Dataset items:
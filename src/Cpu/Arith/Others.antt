-- ===== src/Cpu/Arith/Others.antt =====
-- The operations that subtract or add in another form: NEG, CMPXCHG and XADD.
use cpu_ia32_cpp.Base.{
  ℕ, ◌+◌, ◌-◌, ◌%◌, ◌<◌, ◌≡◌, refl, ap, ◌∙◌, some, arith, Bool, true, false, ◌==◌, if◌then◌else◌,
  Width, w8, w16, w32, bits, size, truncate, truncate-fits, truncate-again, truncate-lt,
  sign_extend, Bool-cases, inl, inr,
}
use native.Mathlib.Nat.{one-le-pow}
use cpu_ia32_cpp.Cpu.State.{Cpu}
use cpu_ia32_cpp.Cpu.Flags.{flags, sum_flags, difference_flags}
use cpu_ia32_cpp.Cpu.Arith.{
  accumulator, put_low, plus, minus, cpu_neg, Place, elsewhere, low_part, second_byte, read_place,
  write_place, cpu_cmpxchg, xadd,
}
use cpu_ia32_cpp.Cpu.Arith.Places.{
  read_place-lt, is_accumulator, is_same, write_place-reads, writes-reads,
}
use cpu_ia32_cpp.Cpu.Arith.Refine.{flags-subtracted, flags-added}
use cpu_ia32_cpp.Cpu.Arith.Sums.{added}
use cpu_ia32_cpp.Cpu.Arith.Differences.{subtracted}

-- The flags of an addition or a subtraction do not depend on the registers.
module _ (w : Width) (a d : ℕ) (c : Cpu) (a_fits : a < size w) (d_fits : d < size w) where
  sum_flags-regs :
      (regs : ℕ → ℕ) → flags (record (added w a d c) { reg32 = regs }) ≡ some (sum_flags w a d 0)
  unfolding flags
  sum_flags-regs regs = flags-added w a d 0 (record c { reg32 = regs }) a_fits d_fits

  difference_flags-regs :
      (regs : ℕ → ℕ)
      → flags (record (subtracted w a d c) { reg32 = regs }) ≡ some (difference_flags w a d 0)
  unfolding flags
  difference_flags-regs regs = flags-subtracted w a d 0 (record c { reg32 = regs }) a_fits d_fits

if-same {ℓ} :
    {A : Type ℓ} {x x' y y' : A} (b : Bool)
    → x ≡ x'
    → y ≡ y'
    → (if b then x else y) ≡ (if b then x' else y')
if-same true p q = p
if-same false p q = q

module _ (w : Width) (p q : Place w) (c : Cpu) where
  -- `xadd8`, `xadd16` and `xadd32`: the first operand becomes the sum, and the second the old first
  -- one, but where both are the same register: there the sum is left. The six flags are those of the
  -- addition.
  xadd-refines :
      let d = read_place w p c in
      let s = read_place w q c in
      let (p', q', after) = xadd w p q c in
      (read_place w p' after ≡ truncate w (d + s))
      × (read_place w q' after ≡ (if is_same w p q then truncate w (d + s) else d))
      × (flags after ≡ some (sum_flags w d s 0))
  unfolding xadd write_place
  xadd-refines =
      let d = read_place w p c in
      let s = read_place w q c in
      let res = plus w d s in
      let c' = added w d s c in
      let again = truncate-again w (d + s) in
      (
        (write_place-reads w p res ((write_place w q d c').1)).0 ∙ again,
        writes-reads w p q res d c'
            ∙ if-same (is_same w p q) again (truncate-fits w d (read_place-lt w p c)),
        sum_flags-regs w d s c (read_place-lt w p c) (read_place-lt w q c) _,
      )

opposite : (w : Width) (d : ℕ) → d < size w → (minus w 0 d + d) % size w ≡ 0
opposite w8 d h = omega arith
opposite w16 d h = omega arith
opposite w32 d h = omega arith

module _ (w : Width) (d : ℕ) (c : Cpu) (d_fits : d < size w) where
  -- `cpu_neg8`, `cpu_neg16` and `cpu_neg32`, on an operand of the width: the result added to the
  -- operand is 0 modulo the width, and the six flags are those of subtracting the operand from 0.
  cpu_neg-refines :
      let (res, after) = cpu_neg w d c in
      ((res + d) % size w ≡ 0) × (flags after ≡ some (difference_flags w 0 d 0))
  unfolding cpu_neg
  cpu_neg-refines =
      (opposite w d d_fits, flags-subtracted w 0 d 0 c (one-le-pow (bits w) 2 (omega arith)) d_fits)

module _ (w : Width) (p q : Place w) (n : ℕ) (c : Cpu) (n_fits : n < size w) where
  -- `xadd8` to `xadd32`, on two operands each of which is outside the registers, the low part of a
  -- register or the second byte of one, and `cpu_neg8` to `cpu_neg32`, on an operand of the width:
  -- XADD leaves the sum in the first operand and the old first operand in the second, or the sum where
  -- both are the same register, with the flags of the addition; the result of NEG added to its operand
  -- is 0 modulo the width, and its flags are those of subtracting the operand from 0.
  pub xadd-neg-refine :
      let d = read_place w p c in
      let s = read_place w q c in
      let (p', q', added) = xadd w p q c in
      let (res, negated) = cpu_neg w n c in
      (read_place w p' added ≡ truncate w (d + s))
      × (read_place w q' added ≡ (if is_same w p q then truncate w (d + s) else d))
      × (flags added ≡ some (sum_flags w d s 0))
      × ((res + n) % size w ≡ 0)
      × (flags negated ≡ some (difference_flags w 0 n 0))
  xadd-neg-refine =
      let (sum, old, added) = xadd-refines w p q c in
      let (opposed, negated) = cpu_neg-refines w n c n_fits in (sum, old, added, opposed, negated)

same_result :
    (w : Width) (a d : ℕ) → a < size w → d < size w → (sign_extend w (minus w a d) == 0) ≡ (a == d)
same_result w8 a d h g = ground arith
same_result w16 a d h g = ground arith
same_result w32 a d h g = ground arith

loaded : (w : Width) (r d : ℕ) → d < size w → truncate w (r - r % size w + truncate w d) ≡ d
loaded w8 r d h = omega arith
loaded w16 r d h = omega arith
loaded w32 r d h = omega arith

-- A load of the accumulator leaves every other place as it is.
put_low-reads :
    (w : Width) (p : Place w) (a d v : ℕ) (c : Cpu)
    → is_accumulator w p ≡ false
    → read_place w p (record (subtracted w a d c) { reg32 = put_low w 0 v c.reg32 })
      ≡ read_place w p c
unfolding read_place
put_low-reads w (elsewhere u) a d v c other = refl
put_low-reads w (low_part i) a d v c other = ground arith
put_low-reads w8 (second_byte i) a d v c other = ground arith

-- The accumulator equals itself.
is_accumulator-reads :
    (w : Width) (p : Place w) (c : Cpu)
    → (accumulator w c == read_place w p c) ≡ false
    → is_accumulator w p ≡ false
unfolding read_place
is_accumulator-reads w (elsewhere u) c other = refl
is_accumulator-reads w (low_part i) c other = ground arith
is_accumulator-reads w8 (second_byte i) c other = refl

module _ (w : Width) (p : Place w) (s : ℕ) (c : Cpu) where
  -- `cpu_cmpxchg8`, `cpu_cmpxchg16` and `cpu_cmpxchg32`, on a destination that is outside the
  -- registers, the low part of any register, the accumulator included, or the second byte of one:
  -- if the accumulator equals the destination, the destination then holds the source, and otherwise
  -- what it held. The accumulator then holds the destination's old value, but where it is itself the
  -- destination: there it holds the source. The six flags are those of subtracting the destination's
  -- old value from the accumulator's.
  pub cpu_cmpxchg-refines :
      let d = read_place w p c in
      let (p', after) = cpu_cmpxchg w p s c in
      (read_place w p' after ≡ (if accumulator w c == d then truncate w s else d))
      × (accumulator w after ≡ (if is_accumulator w p then truncate w s else d))
      × (flags after ≡ some (difference_flags w (accumulator w c) d 0))
  unfolding cpu_cmpxchg write_place
  cpu_cmpxchg-refines =
      let a = accumulator w c in
      let d = read_place w p c in
      let a_fits = truncate-lt w (c.reg32 0) in
      let d_fits = read_place-lt w p c in
      let same = same_result w a d a_fits d_fits in
      elim (Bool-cases (a == d)) [
        | inl equal ↦
            let (stored, left) = write_place-reads w p s (subtracted w a d c) in
            let old : a ≡ d = ground arith in
            rw (same, equal)
              (
                stored,
                left ∙ ap (λ v. if is_accumulator w p then truncate w s else v) old,
                difference_flags-regs w a d c a_fits d_fits _,
              )
        | inr other ↦
            let apart = is_accumulator-reads w p c other in
            rw (same, other, apart)
              (
                put_low-reads w p a d d c apart,
                loaded w (c.reg32 0) d d_fits,
                difference_flags-regs w a d c a_fits d_fits (put_low w 0 d c.reg32),
              )
      ]
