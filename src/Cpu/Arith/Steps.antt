-- ===== src/Cpu/Arith/Steps.antt =====
-- INC and DEC of cpu/arith.cpp beside the architecture's results and flags.
use cpu_ia32_cpp.Base.{
  ℕ, ◌+◌, ◌-◌, ◌%◌, ◌<◌, ◌≡◌, ap, ◌∙◌, some, arith, leb, ltb, ◌==◌, int_of, Width, w8, w16, w32,
  size, sign_extend, truncate, truncate-lt, not32, bit_and, bit_or,
}
use cpu_ia32_cpp.Base.Bits.{bit_at, bit_and-mask, bit_and-one, bit_at-bit_or, bit_at-bit_and}
use cpu_ia32_cpp.Cpu.State.{Cpu, inc, dec}
use cpu_ia32_cpp.Cpu.Eflags.{cpu_get_cf, cf_of, of_of, af_of}
use cpu_ia32_cpp.Cpu.Flags.{
  sum_flags, difference_flags, result_flags, signed_add_overflows, signed_sub_overflows,
}
use cpu_ia32_cpp.Cpu.Eflags.Kinds.{cpu_get_cf-lt}
use cpu_ia32_cpp.Cpu.Arith.{leave, plus, minus, keep_cf, cpu_inc, cpu_dec}
use cpu_ia32_cpp.Cpu.Arith.Refine.{flags-leave, observe, shown}

-- The carry that is kept in `m_eflags`.
kept : (e k : ℕ) → k < 2 → bit_and (bit_or (bit_and e (not32 1)) k) 1 ≡ k
unfolding bit_at
kept e k h =
    bit_and-one (bit_or (bit_and e (not32 1)) k)
    ∙ omega (arith, bit_at-bit_or 0 (bit_and e (not32 1)) k, bit_at-bit_and 0 e (not32 1))

inc_af :
    (w : Width) (d : ℕ)
    → d < size w
    → int_of (bit_and (sign_extend w (plus w d 1)) 15 == 0) ≡ int_of (leb 16 (d % 16 + 1 % 16 + 0))
inc_af w8 d h = ground (arith, bit_and-mask 4 (sign_extend w8 (plus w8 d 1)))
inc_af w16 d h = ground (arith, bit_and-mask 4 (sign_extend w16 (plus w16 d 1)))
inc_af w32 d h = ground (arith, bit_and-mask 4 (sign_extend w32 (plus w32 d 1)))

inc_of :
    (w : Width) (d : ℕ) (c : Cpu)
    → d < size w
    → of_of (inc w) (leave w (inc w) (plus w d 1) c) ≡ some (int_of (signed_add_overflows w d 1 0))
unfolding of_of
inc_of w8 d c h = ground (arith, bit_and-mask 8 (sign_extend w8 (plus w8 d 1)))
inc_of w16 d c h = ground (arith, bit_and-mask 16 (sign_extend w16 (plus w16 d 1)))
inc_of w32 d c h = ground (arith, bit_and-mask 32 (sign_extend w32 (plus w32 d 1)))

dec_af :
    (w : Width) (d : ℕ)
    → d < size w
    → int_of (bit_and (sign_extend w (minus w d 1)) 15 == 15) ≡ int_of (ltb (d % 16) (1 % 16 + 0))
dec_af w8 d h = ground (arith, bit_and-mask 4 (sign_extend w8 (minus w8 d 1)))
dec_af w16 d h = ground (arith, bit_and-mask 4 (sign_extend w16 (minus w16 d 1)))
dec_af w32 d h = ground (arith, bit_and-mask 4 (sign_extend w32 (minus w32 d 1)))

dec_of :
    (w : Width) (d : ℕ) (c : Cpu)
    → d < size w
    → of_of (dec w) (leave w (dec w) (minus w d 1) c) ≡ some (int_of (signed_sub_overflows w d 1 0))
unfolding of_of
dec_of w8 d c h = ground (arith, bit_and-mask 8 (sign_extend w8 (minus w8 d 1)))
dec_of w16 d c h = ground (arith, bit_and-mask 16 (sign_extend w16 (minus w16 d 1)))
dec_of w32 d c h = ground (arith, bit_and-mask 32 (sign_extend w32 (minus w32 d 1)))

module _ (w : Width) (d k : ℕ) (c : Cpu) (d_fits : d < size w) (carry : cpu_get_cf c ≡ some k) where
  binary : k < 2
  binary = cpu_get_cf-lt c k carry

  -- `cpu_inc8`, `cpu_inc16` and `cpu_inc32`, on an operand of the width and with a carry that can be
  -- read before: the result and the flags are those of adding 1, but for CF, which is kept.
  cpu_inc-refines :
      observe (cpu_inc w d c) ≡ shown (truncate w (d + 1), record (sum_flags w d 1 0) { cf = k })
  unfolding cpu_inc cf_of af_of
  cpu_inc-refines = rw carry (
      ap (λ f. some (plus w d 1, f))
        (flags-leave w (inc w) (plus w d 1) k _ _ (keep_cf k c) (truncate-lt w (d + 1))
            (ap some (kept c.eflags k binary)) (ap some (inc_af w d d_fits))
            (inc_of w d (keep_cf k c) d_fits)
          ∙ ap
              (λ (t : ℕ). some (
                result_flags w (truncate w t) k (int_of (leb 16 (d % 16 + 1 % 16 + 0)))
                  (int_of (signed_add_overflows w d 1 0))))
              (omega arith)))

  -- `cpu_dec8`, `cpu_dec16` and `cpu_dec32`, on an operand of the width and with a carry that can be
  -- read before: the result and the flags are those of subtracting 1, but for CF, which is kept.
  cpu_dec-refines :
      observe (cpu_dec w d c)
      ≡ shown (truncate w (d + size w - 1), record (difference_flags w d 1 0) { cf = k })
  unfolding cpu_dec cf_of af_of
  cpu_dec-refines = rw carry (
      ap (λ f. some (minus w d 1, f))
        (flags-leave w (dec w) (minus w d 1) k _ _ (keep_cf k c) (truncate-lt w (d + size w - 1))
          (ap some (kept c.eflags k binary)) (ap some (dec_af w d d_fits))
          (dec_of w d (keep_cf k c) d_fits)))

  -- `cpu_inc8` to `cpu_inc32` and `cpu_dec8` to `cpu_dec32`, on an operand of the width and with a
  -- carry that can be read before: the result and the flags are those of adding 1 and of subtracting
  -- 1, but for CF, which is kept.
  pub steps-refine :
      (observe (cpu_inc w d c) ≡ shown (truncate w (d + 1), record (sum_flags w d 1 0) { cf = k }))
      × (observe (cpu_dec w d c)
          ≡ shown (truncate w (d + size w - 1), record (difference_flags w d 1 0) { cf = k }))
  steps-refine = (cpu_inc-refines, cpu_dec-refines)
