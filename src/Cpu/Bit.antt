-- ===== src/Cpu/Bit.antt =====
-- cpu/bit.cpp: bit tests and bit scans. The operand that a function changes through a pointer is
-- returned beside the processor.
use cpu_ia32_cpp.Base.{
  ℕ, zero, suc, ◌-◌, ◌%◌, ◌/◌, bit_and, bit_or, bit_xor, Option, some, ◌==◌, if◌then◌else◌, ◌<<<◌,
  ◌+◌, Width, bits, size,
}
use cpu_ia32_cpp.Cpu.State.{bit, code, Cpu}
use cpu_ia32_cpp.Cpu.Eflags.{◌>>=◌, bit_test, cpu_set_cf, cpu_set_zf}

-- `shift &= 15` or `shift &= 31`; the functions come for 16 and 32 bits.
abbrev pub bit_number : Width → ℕ → ℕ
bit_number w shift = bit_and shift (bits w - 1)

unfoldable pub bt : Width → ℕ → ℕ → Cpu → Option Cpu
bt w a shift c = cpu_set_cf (bit_test a (bit_number w shift)) c

unfoldable pub bts : Width → ℕ → ℕ → Cpu → Option (ℕ × Cpu)
bts w a shift c = do
  c' ← cpu_set_cf (bit_test a (bit_number w shift)) c
  some (bit_or a (1 <<< bit_number w shift), c')

unfoldable pub btc : Width → ℕ → ℕ → Cpu → Option (ℕ × Cpu)
btc w a shift c = do
  c' ← cpu_set_cf (bit_test a (bit_number w shift)) c
  some (bit_xor a (1 <<< bit_number w shift), c')

-- `~(1 << shift)` within the width.
unfoldable pub btr : Width → ℕ → ℕ → Cpu → Option (ℕ × Cpu)
btr w a shift c = do
  c' ← cpu_set_cf (bit_test a (bit_number w shift)) c
  some (bit_and a (size w - 1 - (1 <<< bit_number w shift)), c')

-- `__builtin_ctz` on a number other than 0 below `2 ^ fuel`: the zeros below its lowest one.
unfoldable pub builtin_ctz : ℕ → ℕ → ℕ
builtin_ctz zero x = 0
builtin_ctz (suc fuel) x = let rest = builtin_ctz fuel (x / 2) in if x % 2 == 1 then 0 else rest + 1

-- `__builtin_clz(x) ^ 31` for such a number: the place of its highest one.
unfoldable pub highest_one : ℕ → ℕ → ℕ
highest_one zero x = 0
highest_one (suc fuel) x = let rest = highest_one fuel (x / 2) in if x / 2 == 0 then 0 else rest + 1

unfoldable pub bsf16 : ℕ → ℕ → Cpu → Option (ℕ × Cpu)
unfolding builtin_ctz
bsf16 src old c =
    if src == 0
    then (do some (old, (← cpu_set_zf 1 c)))
    else (do some (builtin_ctz 16 src, (← cpu_set_zf 0 c)))

-- This one leaves the flags of a logical operation.
unfoldable pub bsf32 : ℕ → ℕ → Cpu → ℕ × Cpu
unfolding builtin_ctz
bsf32 src old c =
    if src == 0
    then (old, record c { laux = code bit; lr = 0 })
    else (builtin_ctz 32 src, record c { laux = code bit; lr = 1 })

-- `bsr16` and `bsr32`.
unfoldable pub bsr : Width → ℕ → ℕ → Cpu → Option (ℕ × Cpu)
unfolding highest_one
bsr w src old c =
    if src == 0
    then (do some (old, (← cpu_set_zf 1 c)))
    else (do some (highest_one (bits w) src, (← cpu_set_zf 0 c)))
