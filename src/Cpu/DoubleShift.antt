-- ===== src/Cpu/DoubleShift.antt =====
-- cpu/arith.cpp: `cpu_shrd16`, `cpu_shrd32`, `cpu_shld16` and `cpu_shld32`.
use cpu_ia32_cpp.Base.{
  ℕ, ◌-◌, bit_and, bit_or, ltb, ◌==◌, if◌then◌else◌, u16, u32, ◌<<<◌, ◌>>>◌, w16, sign_extend,
}
use cpu_ia32_cpp.Cpu.State.{LazyOp, shld16, shld32, shrd16, shrd32, code, Cpu}

-- The value and the flag words of a double shift with the count `lop2`.
abbrev pub shifted16 : LazyOp → ℕ → ℕ → ℕ → Cpu → ℕ × Cpu
shifted16 op result lop1 lop2 c =
    (result, record c { lr = sign_extend w16 result; lop1 = lop1; lop2 = lop2; laux = code op })

abbrev pub shifted32 : LazyOp → ℕ → ℕ → ℕ → Cpu → ℕ × Cpu
shifted32 op result lop1 lop2 c =
    (result, record c { lr = result; lop1 = lop1; lop2 = lop2; laux = code op })

unfoldable pub cpu_shrd16 : ℕ → ℕ → ℕ → Cpu → ℕ × Cpu
cpu_shrd16 dest src count c =
    let n = bit_and count 0x1f in
    if n == 0
    then (dest, c)
    else if ltb n 16
    then shifted16 shrd16 (u16 (bit_or (dest >>> n) (src <<< (16 - n)))) dest n c
    else shifted16 shrd16 (u16 (bit_or (src >>> (n - 16)) (dest <<< (32 - n)))) src (n - 16) c

unfoldable pub cpu_shrd32 : ℕ → ℕ → ℕ → Cpu → ℕ × Cpu
cpu_shrd32 dest src count c =
    let n = bit_and count 0x1f in
    if n == 0
    then (dest, c)
    else shifted32 shrd32 (u32 (bit_or (dest >>> n) (src <<< (32 - n)))) dest n c

unfoldable pub cpu_shld16 : ℕ → ℕ → ℕ → Cpu → ℕ × Cpu
cpu_shld16 dest src count c =
    let n = bit_and count 0x1f in
    let result =
      if ltb n 16
      then u16 (bit_or (dest <<< n) (src >>> (16 - n)))
      else u16 (bit_or (src <<< (n - 16)) (dest >>> (32 - n))) in
    if n == 0 then (dest, c) else shifted16 shld16 result (if ltb 16 n then src else dest) n c

unfoldable pub cpu_shld32 : ℕ → ℕ → ℕ → Cpu → ℕ × Cpu
cpu_shld32 dest src count c =
    let n = bit_and count 0x1f in
    if n == 0
    then (dest, c)
    else shifted32 shld32 (u32 (bit_or (dest <<< n) (src >>> (32 - n)))) dest n c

Your task:
All that is wanted is an exact copy of the lines above from the one with "(omega arith)))" through the one with "ap (λ f. some (minus w d 1, f))", with both ends included.

Result of this exercise:
              (omega arith)))

  -- `cpu_dec8`, `cpu_dec16` and `cpu_dec32`, on an operand of the width and with a carry that can be
  -- read before: the result and the flags are those of subtracting 1, but for CF, which is kept.
  cpu_dec-refines :
      observe (cpu_dec w d c)
      ≡ shown (truncate w (d + size w - 1), record (difference_flags w d 1 0) { cf = k })
  unfolding cpu_dec cf_of af_of
  cpu_dec-refines = rw carry (
      ap (λ f. some (minus w d 1, f))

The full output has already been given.